# INSTRUCTIONS TO FOLLOW
Would you copy each line of the records that includes the word "PaymentSchedules"?

[Stored items]

-- ===== src/PaymentSchedules/Stuck.antt =====
-- What a run of backend/src/jobs/payment-schedule-job.js comes to: the log refuses both actions that the
-- job reports (backend/src/database/audit.js), before the schedule is moved on.
use stellar_royalty_splitter.Prelude.{
  ℕ, suc, ◌+◌, ◌≡◌, refl, sym, ap, ◌∙◌, List, [], ◌∷◌, ◌++◌, map, All, length, arith,
}
use mathlib.Core.Path.{ap₂}
use mathlib.Core.List.{append_assoc, append-nil}
use stellar_royalty_splitter.Schedule.Months.{Date}
use stellar_royalty_splitter.History.Store.{Transaction, record_transaction}
use stellar_royalty_splitter.PaymentSchedules.Store.{PaymentSchedule, get_schedules_due}
use stellar_royalty_splitter.PaymentSchedules.Job.{
  World, Report, Clock, Simulation, fails, costs, run_one, run_all, run_payment_schedules,
}

-- What is added to the transactions, and that all else is left.
record Stuck (due : List PaymentSchedule) (before : World × Report) (after : World × Report)
    : Type 0 where
  schedules : after.0.schedules ≡ before.0.schedules
  log : after.0.log ≡ before.0.log
  report : after.1 ≡ record before.1 { failed = before.1.failed + length due }
  added : List Transaction
  transactions : after.0.history.transactions ≡ before.0.history.transactions ++ added
  contracts :
      map (λ (t : Transaction). t.contract_id) added
      ≡ map (λ (s : PaymentSchedule). s.contract_id) due
  pending : All (λ (t : Transaction). t.status ≡ "pending") added

module _ (calendar : Date → ℕ) (clock : Clock) where
  run_one-Stuck :
      (s : PaymentSchedule) (answer : Simulation) (state : World × Report)
      → Stuck (s ∷ []) state (run_one calendar clock s answer state)
  unfolding run_one record_transaction
  run_one-Stuck s (fails error) (w, r) = record {
    schedules = refl;
    log = refl;
    report = refl;
    added = _;
    transactions = refl;
    contracts = refl;
    pending = (refl, tt);
  }
  run_one-Stuck s (costs fee) (w, r) = record {
    schedules = refl;
    log = refl;
    report = refl;
    added = _;
    transactions = refl;
    contracts = refl;
    pending = (refl, tt);
  }

  All-join : {A : Type 0} (P : A → Type 0) (xs ys : List A) → All P xs → All P ys → All P (xs ++ ys)
  All-join P [] ys h g = g
  All-join P (x ∷ xs) ys (p, h) g = (p, All-join P xs ys h g)

  map-join : {A B : Type 0} (f : A → B) (xs ys : List A) → map f (xs ++ ys) ≡ map f xs ++ map f ys
  map-join f [] ys = refl
  map-join f (x ∷ xs) ys = ap (λ r. f x ∷ r) (map-join f xs ys)

  Stuck-join :
      (s : PaymentSchedule) (due : List PaymentSchedule) (a b c : World × Report)
      → Stuck (s ∷ []) a b
      → Stuck due b c
      → Stuck (s ∷ due) a c
  Stuck-join s due a b c h g = record {
    schedules = g.schedules ∙ h.schedules;
    log = g.log ∙ h.log;
    report =
        let sum : a.1.failed + 1 + length due ≡ a.1.failed + suc (length due) = omega arith in
        g.report
        ∙ (ap (λ (r : Report). record r { failed = r.failed + length due }) h.report
            ∙ ap (λ (n : ℕ). record a.1 { failed = n }) sum);
    added = h.added ++ g.added;
    transactions =
        g.transactions
        ∙ (ap (λ ts. ts ++ g.added) h.transactions
            ∙ append_assoc a.0.history.transactions h.added g.added);
    contracts =
        map-join (λ (t : Transaction). t.contract_id) h.added g.added
        ∙ ap₂ (λ xs ys. xs ++ ys) h.contracts g.contracts;
    pending = All-join _ h.added g.added h.pending g.pending;
  }

  run_all-Stuck :
      (simulate : PaymentSchedule → Simulation) (due : List PaymentSchedule)
      (state : World × Report)
      → Stuck due state (run_all calendar clock simulate due state)
  unfolding run_all
  run_all-Stuck simulate [] (w, r) = record {
    schedules = refl;
    log = refl;
    report =
        let sum : r.failed ≡ r.failed + 0 = omega arith in
        ap (λ (n : ℕ). record r { failed = n }) sum;
    added = [];
    transactions = sym (append-nil w.history.transactions);
    contracts = refl;
    pending = tt;
  }
  run_all-Stuck simulate (s ∷ due) state =
      let next = run_one calendar clock s (simulate s) state in
      Stuck-join s due state next (run_all calendar clock simulate due next)
        (run_one-Stuck s (simulate s) state) (run_all-Stuck simulate due next)

  -- Whatever the simulations answer, a run moves no schedule on and logs nothing: it counts every due
  -- schedule as failed and none as triggered, and records a pending transaction for the contract of
  -- each, so that the same schedules are due, and recorded again, at the next run.
  pub run_payment_schedules_stuck :
      (simulate : PaymentSchedule → Simulation) (w : World)
      → let (after, report) = run_payment_schedules calendar clock simulate w in
        let due = get_schedules_due clock.now.ms w.schedules in
        (after.schedules ≡ w.schedules)
        × (after.log ≡ w.log)
        × (report ≡ record { triggered = 0; skipped = 0; failed = length due })
        × (added : List Transaction) × (after.history.transactions
            ≡ w.history.transactions ++ added)
        × (map (λ (t : Transaction). t.contract_id) added
            ≡ map (λ (s : PaymentSchedule). s.contract_id) due)
        × All (λ (t : Transaction). t.status ≡ "pending") added
  unfolding run_payment_schedules
  run_payment_schedules_stuck simulate w =
      let due = get_schedules_due clock.now.ms w.schedules in
      let none_yet : Report = record { triggered = 0; skipped = 0; failed = 0 } in
      let h = run_all-Stuck simulate due (w, none_yet) in
      let sum : 0 + length due ≡ length due = omega arith in
      (
        h.schedules,
        h.log,
        h.report ∙ ap (λ (n : ℕ). record none_yet { failed = n }) sum,
        h.added,
        h.transactions,
        h.contracts,
        h.pending,
      )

# SOLUTION TO THIS EXERCISE
-- ===== src/PaymentSchedules/Stuck.antt =====
use stellar_royalty_splitter.PaymentSchedules.Store.{PaymentSchedule, get_schedules_due}
use stellar_royalty_splitter.PaymentSchedules.Job.{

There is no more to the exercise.